Brief :: Report how many lines of the listing contain the string "Bool", with no other words.

Records shown ::
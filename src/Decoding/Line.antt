-- ===== src/Decoding/Line.antt =====
-- parallelChunkDecode.ts: the tasks that a turn applies, with those that wait behind them.
use mathlib.Core.List.{Sublist, sublist-append_left}
use mathlib.Core.List.Sublist
use plug_node.Base.{
  ℕ, zero, suc, ◌+◌, ◌≡◌, refl, ap, inl, inr, Bool, true, false, List, [], ◌∷◌, ◌++◌, map, arith,
  Bool-cases, append_assoc, ◌∙◌, if◌then◌else◌,
}
use plug_node.Decoding.Types.{
  Task, State, Effect, starts, applies, resolves, reports_failure, reports_limit, drained, Turn,
}
use plug_node.Decoding.{
  ◌>>=◌, release, drained_effects, finish_drains, release_all, clear_pending_decodes, fail,
}

-- The tasks that a list of effects applies, in order.
abbrev pub applied_ids : List Effect → List ℕ
applied_ids [] = []
applied_ids (applies id ∷ es) = id ∷ applied_ids es
applied_ids (_ ∷ es) = applied_ids es

abbrev pub ids : List Task → List ℕ
ids = map λ t. t.id

-- The tasks whose `apply` is still to be called: the head is past that while it is applied, and
-- after `clearPendingDecodes` there are none.
abbrev pub waiting_of : (closed applying : Bool) → List ℕ → List ℕ
waiting_of true applying l = []
waiting_of false false l = l
waiting_of false true [] = []
waiting_of false true (id ∷ l) = l

abbrev pub waiting : State → List ℕ
waiting s = waiting_of s.closed s.applying (ids s.tasks)

abbrev pub line : Turn → List ℕ
line r = applied_ids r.1 ++ waiting r.0

-- `count` numbers from `first` on.
abbrev pub numbers : (first count : ℕ) → List ℕ
numbers first zero = []
numbers first (suc count) = first ∷ numbers (suc first) count

pub numbers-append :
    (first k j : ℕ) → numbers first (k + j) ≡ numbers first k ++ numbers (first + k) j
numbers-append first zero j =
    let e : 0 + j ≡ j = omega arith in let e' : first + 0 ≡ first = omega arith in rw (e, e') refl
numbers-append first (suc k) j =
    let e : suc k + j ≡ suc (k + j) = omega arith in
    let e' : first + suc k ≡ suc first + k = omega arith in
    rw (e, e') (ap (◌∷◌ first) (numbers-append (suc first) k j))

pub applied_ids-append :
    (es fs : List Effect) → applied_ids (es ++ fs) ≡ applied_ids es ++ applied_ids fs
applied_ids-append [] fs = refl
applied_ids-append (applies id ∷ es) fs = ap (◌∷◌ id) (applied_ids-append es fs)
applied_ids-append (starts id ∷ es) fs = applied_ids-append es fs
applied_ids-append (resolves id ∷ es) fs = applied_ids-append es fs
applied_ids-append (reports_failure ∷ es) fs = applied_ids-append es fs
applied_ids-append (reports_limit ∷ es) fs = applied_ids-append es fs
applied_ids-append (drained ∷ es) fs = applied_ids-append es fs

-- A turn that applies no task out of its turn, and takes in none.
pub record Follows (s : State) (r : Turn) : Type 0 where
  pub kept : r.0.next_id ≡ s.next_id
  pub within : Sublist (line r) (waiting s)

pub Follows->>= :
    (s : State) (m : Turn) (f : State → Turn)
    → Follows s m
    → Follows m.0 (f m.0)
    → Follows s (m >>= f)
Follows->>= s m f a b = record {
  kept = b.kept ∙ a.kept;
  within =
      rw
        (
          applied_ids-append m.1 (f m.0).1,
          append_assoc (applied_ids m.1) (applied_ids (f m.0).1) (waiting (f m.0).0),
        )
        (Sublist.trans (Sublist.append (Sublist.refl (applied_ids m.1)) b.within) a.within);
}

pub same-Follows : (s : State) → Follows s (s, [])
same-Follows s = record { kept = refl; within = Sublist.refl _ }

-- A turn that neither applies a task nor changes what waits.
pub record Silent (s : State) (r : Turn) : Type 0 where
  pub nothing : applied_ids r.1 ≡ []
  pub tasks : r.0.tasks ≡ s.tasks
  pub applying : r.0.applying ≡ s.applying
  pub closed : r.0.closed ≡ s.closed
  pub next : r.0.next_id ≡ s.next_id

pub Silent-Follows : (s : State) (r : Turn) → Silent s r → Follows s r
Silent-Follows s r q = record {
  kept = q.next;
  within = rw (q.nothing, q.tasks, q.applying, q.closed) (Sublist.refl _);
}

pub release-Silent : (t : Task) (s : State) → Silent s (release t s)
unfolding release
release-Silent t s = ground arith

pub drained_effects-nothing : (n : ℕ) → applied_ids (drained_effects n) ≡ []
unfolding drained_effects
drained_effects-nothing zero = refl
drained_effects-nothing (suc n) = drained_effects-nothing n

pub finish_drains-Silent : (s : State) → Silent s (finish_drains s)
unfolding finish_drains
finish_drains-Silent s = ground (arith, drained_effects-nothing s.waiting_drains)

pub release_all-Silent : (ts : List Task) (s : State) → Silent s (release_all ts s)
unfolding release_all
release_all-Silent [] s = record {
  nothing = refl;
  tasks = refl;
  applying = refl;
  closed = refl;
  next = refl;
}
release_all-Silent (t ∷ ts) s =
    let a = release-Silent t s in
    let b = release_all-Silent ts (release t s).0 in
    record {
      nothing =
          rw
            (
              applied_ids-append (release t s).1 (release_all ts (release t s).0).1,
              a.nothing,
              b.nothing,
            )
            refl;
      tasks = b.tasks ∙ a.tasks;
      applying = b.applying ∙ a.applying;
      closed = b.closed ∙ a.closed;
      next = b.next ∙ a.next;
    }

-- A state that lists no task.
emptied : State → State
emptied s = record s { closed = true; tasks = [] }

pub waiting_of-nil : (closed applying : Bool) → waiting_of closed applying [] ≡ []
waiting_of-nil true applying = refl
waiting_of-nil false true = refl
waiting_of-nil false false = refl

-- A turn that leaves no task, and applies none.
pub record Empties (s : State) (r : Turn) : Type 0 where
  pub nothing : applied_ids r.1 ≡ []
  pub tasks : r.0.tasks ≡ []
  pub next : r.0.next_id ≡ s.next_id

pub Empties-line : (s : State) (r : Turn) → Empties s r → line r ≡ []
Empties-line s r e = rw (e.nothing, e.tasks) (waiting_of-nil r.0.closed r.0.applying)

Empties-Follows : (s : State) (r : Turn) → Empties s r → Follows s r
Empties-Follows s r e = record {
  kept = e.next;
  within = rw (Empties-line s r e) (sublist-append_left [] _);
}

pub clear-Empties : (s : State) → s.closed ≡ false → Empties s (clear_pending_decodes s)
unfolding clear_pending_decodes emptied
clear-Empties s live =
    let a = release_all-Silent s.tasks (emptied s) in
    let r = release_all s.tasks (emptied s) in
    let b = finish_drains-Silent r.0 in
    rw live (record {
      nothing = rw (applied_ids-append r.1 (finish_drains r.0).1, a.nothing, b.nothing) refl;
      tasks = b.tasks ∙ a.tasks;
      next = b.next ∙ a.next;
    })

clear-closed : (s : State) → s.closed ≡ true → clear_pending_decodes s ≡ (s, [])
unfolding clear_pending_decodes
clear-closed s shut = rw shut refl

pub clear-Follows : (s : State) → Follows s (clear_pending_decodes s)
clear-Follows s = elim (Bool-cases s.closed) [
  | inl shut ↦ rw (clear-closed s shut) (same-Follows s)
  | inr live ↦ Empties-Follows s _ (clear-Empties s live)
]

pub if-false : (b : Bool) (x y : Turn) → b ≡ false → (if b then x else y) ≡ y
if-false b x y e = rw e refl

fail-open :
    (report : Effect) (s : State)
    → s.closed ≡ false
    → fail report s ≡ (clear_pending_decodes s >>= λ s. (s, report ∷ []))
unfolding fail
fail-open report s live = if-false s.closed _ _ live

pub fail-Empties :
    (report : Effect) (s : State)
    → applied_ids (report ∷ []) ≡ []
    → s.closed ≡ false
    → Empties s (fail report s)
fail-Empties report s e live =
    let a = clear-Empties s live in
    rw (fail-open report s live) (record {
      nothing = rw (applied_ids-append (clear_pending_decodes s).1 (report ∷ []), a.nothing) e;
      tasks = a.tasks;
      next = a.next;
    })

pub fail-closed : (report : Effect) (s : State) → s.closed ≡ true → fail report s ≡ (s, [])
unfolding fail
fail-closed report s shut = rw shut refl

pub fail-Follows :
    (report : Effect) (s : State) → applied_ids (report ∷ []) ≡ [] → Follows s (fail report s)
fail-Follows report s e = elim (Bool-cases s.closed) [
  | inl shut ↦ rw (fail-closed report s shut) (same-Follows s)
  | inr live ↦ Empties-Follows s _ (fail-Empties report s e live)
]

Solved exercise :: 7